And You Call Yourself an Architect

On a Saturday morning last May, Ben and I took a tour of Louis Kahn’s Trenton Bath House, recently restored by the contractor, Kirby Wu. It was the first time either of us had visited the site, even though Ben had been an architecture student at Penn while Kahn’s legacy was still quite potent there, […]

On a Saturday morning last May, Ben and I took a tour of Louis Kahn’s Trenton Bath House, recently restored by the contractor, Kirby Wu. It was the first time either of us had visited the site, even though Ben had been an architecture student at Penn while Kahn’s legacy was still quite potent there, and I had been an architecture student at Princeton before Kahn’s death in 1974. Princeton had something of a split personality those days; both the New York Five and the Philadelphia School reigned. In the decades that passed, we never got to Ewing Township, south of Trenton, New Jersey to see one of the seminal masterworks of one of the greatest architects of the twentieth century.  No excuses.

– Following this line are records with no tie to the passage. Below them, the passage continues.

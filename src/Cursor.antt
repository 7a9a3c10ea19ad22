-- ===== src/Cursor.antt =====
-- mempool.c: cursors, which walk over the text of a message from chunk to chunk.
-- A `char *` into a chunk is the chunk's node and an offset. A cursor's cell `ptr` is its own, so it is
-- a field here; `createCursor` and `freeCursor` make and drop the value.
pub mod Text
pub mod Walk
use aoq.Prelude.{ℕ, zero, suc, ◌+◌, List, [], ◌∷◌, ltb, ◌==◌, if◌then◌else◌, get_elem?}
use aoq.Heap.{Ptr, null, Run, ok, fault, stuck, ◌>>=◌, Heap, load, of_option}
use aoq.MemPool.{ChunkNode}

pub record CharPtr : Type 0 where
  pub block : Ptr
  pub off : ℕ

abbrev pub at : Ptr → ℕ → CharPtr
at b i = record { block = b; off = i }

-- `p + n`
abbrev pub plus : CharPtr → ℕ → CharPtr
plus p n = at p.block (p.off + n)

-- `struct _chunk_cursor`
pub record Cursor : Type 0 where
  pub ptr : CharPtr
  pub node : Ptr
  pub slab : Ptr

abbrev pub create_cursor : Cursor
create_cursor = record { ptr = at null 0; node = null; slab = null }

-- `*p`
unfoldable pub byte_at : Heap ChunkNode → CharPtr → Run ℕ
byte_at h p = do n ← load h p.block; of_option (get_elem? n.val p.off)

-- What `memcpy` of `n` bytes from `p` reads.
unfoldable pub read_bytes : Heap ChunkNode → CharPtr → ℕ → Run (List ℕ)
unfolding byte_at
read_bytes h p zero = ok []
read_bytes h p (suc n) = do b ← byte_at h p; s ← read_bytes h (plus p 1) n; ok (b ∷ s)

-- The loop of `moveCursor`. `ptr` is the C function's local copy: it is stored in the cursor at the end
-- alone, and a walk that runs out of chunks returns without that, though `node` has moved.
unfoldable pub move_loop : ℕ → Heap ChunkNode → ℕ → ℕ → CharPtr → Cursor → Run (ℕ × Cursor)
unfolding byte_at
move_loop zero h len offset ptr cursor = stuck
move_loop (suc fuel) h len offset ptr cursor =
    let hop : Run (ℕ × Cursor) = (do
      n ← load h cursor.node
      let go : Run (ℕ × Cursor) = load h n.next >>= λ _.
          move_loop fuel h len offset (at n.next 0) (record cursor { node = n.next })
      if n.next == null then ok (offset, cursor) else go) in
    let step : Run (ℕ × Cursor) = move_loop fuel h len (offset + 1) (plus ptr 1) cursor in
    let walk : Run (ℕ × Cursor) = byte_at h ptr >>= (λ b. if b == 0 then hop else step) in
    if ltb offset len then walk else ok (offset, record cursor { ptr = ptr })

-- `moveCursor`, with the number of bytes that it moved over.
unfoldable pub move_cursor : ℕ → Heap ChunkNode → ℕ → Cursor → Run (ℕ × Cursor)
unfolding move_loop
move_cursor fuel h len cursor =
    if ltb 0 len then move_loop fuel h len 0 cursor.ptr cursor else ok (0, cursor)
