-- ===== src/Cursor/Text.antt =====
-- What stands in memory from a pointer on, and walking over it inside one chunk.
use aoq.Prelude.{
  ℕ, zero, suc, ◌+◌, ◌<◌, ◌∙◌, sym, ap, ◌≡◌, refl, ◌≢◌, some, List, [], ◌∷◌, ◌++◌, arith, length,
  get_elem?, drop, All, lt→ltb,
}
use mathlib.Core.Path.{subst}
use native.Mathlib.Numerals.{add-one}
use aoq.Heap.{null, ok, Heap, read, load}
use aoq.MemPool.{ChunkNode}
use aoq.Cursor.{CharPtr, at, plus, Cursor, byte_at, read_bytes, move_loop, move_cursor}

-- From `p` to the end of its chunk stand the bytes `rest`.
abbrev pub Ahead : Heap ChunkNode → CharPtr → List ℕ → Type 0
Ahead h p rest =
    (p.block ≢ null) × (n : ChunkNode) × (read h p.block ≡ some n) × (drop p.off n.val ≡ rest)

drop-cons {ℓ} :
    {A : Type ℓ} (i : ℕ) (xs : List A) (b : A) (rest : List A)
    → drop i xs ≡ b ∷ rest
    → (get_elem? xs i ≡ some b) × (drop (suc i) xs ≡ rest)
drop-cons zero [] b rest e = absurd (cc)
drop-cons zero (x ∷ xs) b rest e = (cc, cc)
drop-cons (suc i) [] b rest e = absurd (cc)
drop-cons (suc i) (x ∷ xs) b rest e = drop-cons i xs b rest e

pub byte_at-Ahead :
    (h : Heap ChunkNode) (p : CharPtr) (b : ℕ) (rest : List ℕ)
    → Ahead h p (b ∷ rest)
    → byte_at h p ≡ ok b
unfolding byte_at load
byte_at-Ahead h p b rest (ne, n, r, e) =
    let (got, next) = drop-cons p.off n.val b rest e in ground arith

pub Ahead-next :
    (h : Heap ChunkNode) (p : CharPtr) (b : ℕ) (rest : List ℕ)
    → Ahead h p (b ∷ rest)
    → Ahead h (plus p 1) rest
Ahead-next h p b rest (ne, n, r, e) = (ne, n, r, rw add-one (drop-cons p.off n.val b rest e).1)

plus-plus : (p : CharPtr) (i j : ℕ) → plus (plus p i) j ≡ plus p (i + j)
plus-plus p i j = ap (at p.block) (omega arith)

plus-zero : (p : CharPtr) → plus p 0 ≡ p
plus-zero p = ap (at p.block) (omega arith)

pub Ahead-plus :
    (h : Heap ChunkNode) (p : CharPtr) (xs rest : List ℕ)
    → Ahead h p (xs ++ rest)
    → Ahead h (plus p (length xs)) rest
Ahead-plus h p [] rest a = subst (λ q. Ahead h q rest) (sym (plus-zero p)) a
Ahead-plus h p (x ∷ xs) rest a =
    let later = Ahead-plus h (plus p 1) xs rest (Ahead-next h p x (xs ++ rest) a) in
    let e : plus (plus p 1) (length xs) ≡ plus p (suc (length xs)) =
      ap (at p.block) (omega arith) in
    subst (λ q. Ahead h q rest) e later

pub read_bytes-Ahead :
    (h : Heap ChunkNode) (p : CharPtr) (xs rest : List ℕ)
    → Ahead h p (xs ++ rest)
    → read_bytes h p (length xs) ≡ ok xs
unfolding read_bytes
read_bytes-Ahead h p [] rest a = refl
read_bytes-Ahead h p (x ∷ xs) rest a = rw (
  byte_at-Ahead h p x (xs ++ rest) a,
  read_bytes-Ahead h (plus p 1) xs rest (Ahead-next h p x (xs ++ rest) a),
)

pub move_loop-step :
    (fuel : ℕ) (h : Heap ChunkNode) (len offset b : ℕ) (p : CharPtr) (c : Cursor)
    → offset < len
    → byte_at h p ≡ ok b
    → b ≢ 0
    → move_loop (suc fuel) h len offset p c ≡ move_loop fuel h len (offset + 1) (plus p 1) c
unfolding move_loop
move_loop-step fuel h len offset b p c lt e ne = rw (lt→ltb _ _ lt, e) (ground arith)

pub move_loop-stop :
    (fuel : ℕ) (h : Heap ChunkNode) (len : ℕ) (p : CharPtr) (c : Cursor)
    → move_loop (suc fuel) h len len p c ≡ ok (len, record c { ptr = p })
unfolding move_loop
move_loop-stop fuel h len p c = ground arith

-- Over `xs`, which has no `NUL`, the loop walks byte by byte.
move_loop-Ahead :
    (fuel : ℕ) (h : Heap ChunkNode) (len offset : ℕ) (p : CharPtr) (c : Cursor) (xs rest : List ℕ)
    → Ahead h p (xs ++ rest)
    → All (λ b. b ≢ 0) xs
    → offset + length xs ≡ len
    → length xs < fuel
    → move_loop fuel h len offset p c ≡ ok (len, record c { ptr = plus p (length xs) })
move_loop-Ahead zero h len offset p c xs rest a nz e lt = absurd (omega arith)
move_loop-Ahead (suc fuel) h len offset p c [] rest a nz e lt =
    let here : offset ≡ len = omega arith in
    rw here
      (move_loop-stop fuel h len p c ∙ ap (λ q. ok (len, record c { ptr = q })) (sym (plus-zero p)))
move_loop-Ahead (suc fuel) h len offset p c (x ∷ xs) rest a (ne, nz) e lt =
    let later : plus (plus p 1) (length xs) ≡ plus p (suc (length xs)) =
      ap (at p.block) (omega arith) in
    move_loop-step fuel h len offset x p c (omega arith) (byte_at-Ahead h p x (xs ++ rest) a) ne
    ∙ move_loop-Ahead fuel h len (offset + 1) (plus p 1) c xs rest (Ahead-next h p x (xs ++ rest) a)
        nz (omega arith) (omega arith)
    ∙ ap (λ q. ok (len, record c { ptr = q })) later

-- When a text without a `NUL` stands at the cursor, inside the chunk, and the fuel is beyond its length,
-- `moveCursor` by that length returns it and moves the pointer by it, and the node stays.
pub move_cursor-Ahead :
    (fuel : ℕ) (h : Heap ChunkNode) (c : Cursor) (xs rest : List ℕ)
    → Ahead h c.ptr (xs ++ rest)
    → All (λ b. b ≢ 0) xs
    → length xs < fuel
    → move_cursor fuel h (length xs) c ≡ ok (length xs, record c { ptr = plus (c.ptr) (length xs) })
unfolding move_cursor
move_cursor-Ahead fuel h c [] rest a nz lt =
    ap (λ q. ok (0, record c { ptr = q })) (sym (plus-zero c.ptr))
move_cursor-Ahead fuel h c (x ∷ xs) rest a nz lt =
    rw (lt→ltb 0 (suc (length xs)) (omega arith))
      (move_loop-Ahead fuel h (suc (length xs)) 0 c.ptr c (x ∷ xs) rest a nz (omega arith) lt)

Kahn loved the bathhouse. For him there were no small commissions. “I discovered myself after designing that little concrete block bathhouse in Trenton. From this came a generative force which is recognizable in every building which I have done since,” he once wrote. Completed in 1955 the Bath House was part of a larger commission for the Jewish Community Center and Day Camp, both unrealized, serving the outdoor swimming pool.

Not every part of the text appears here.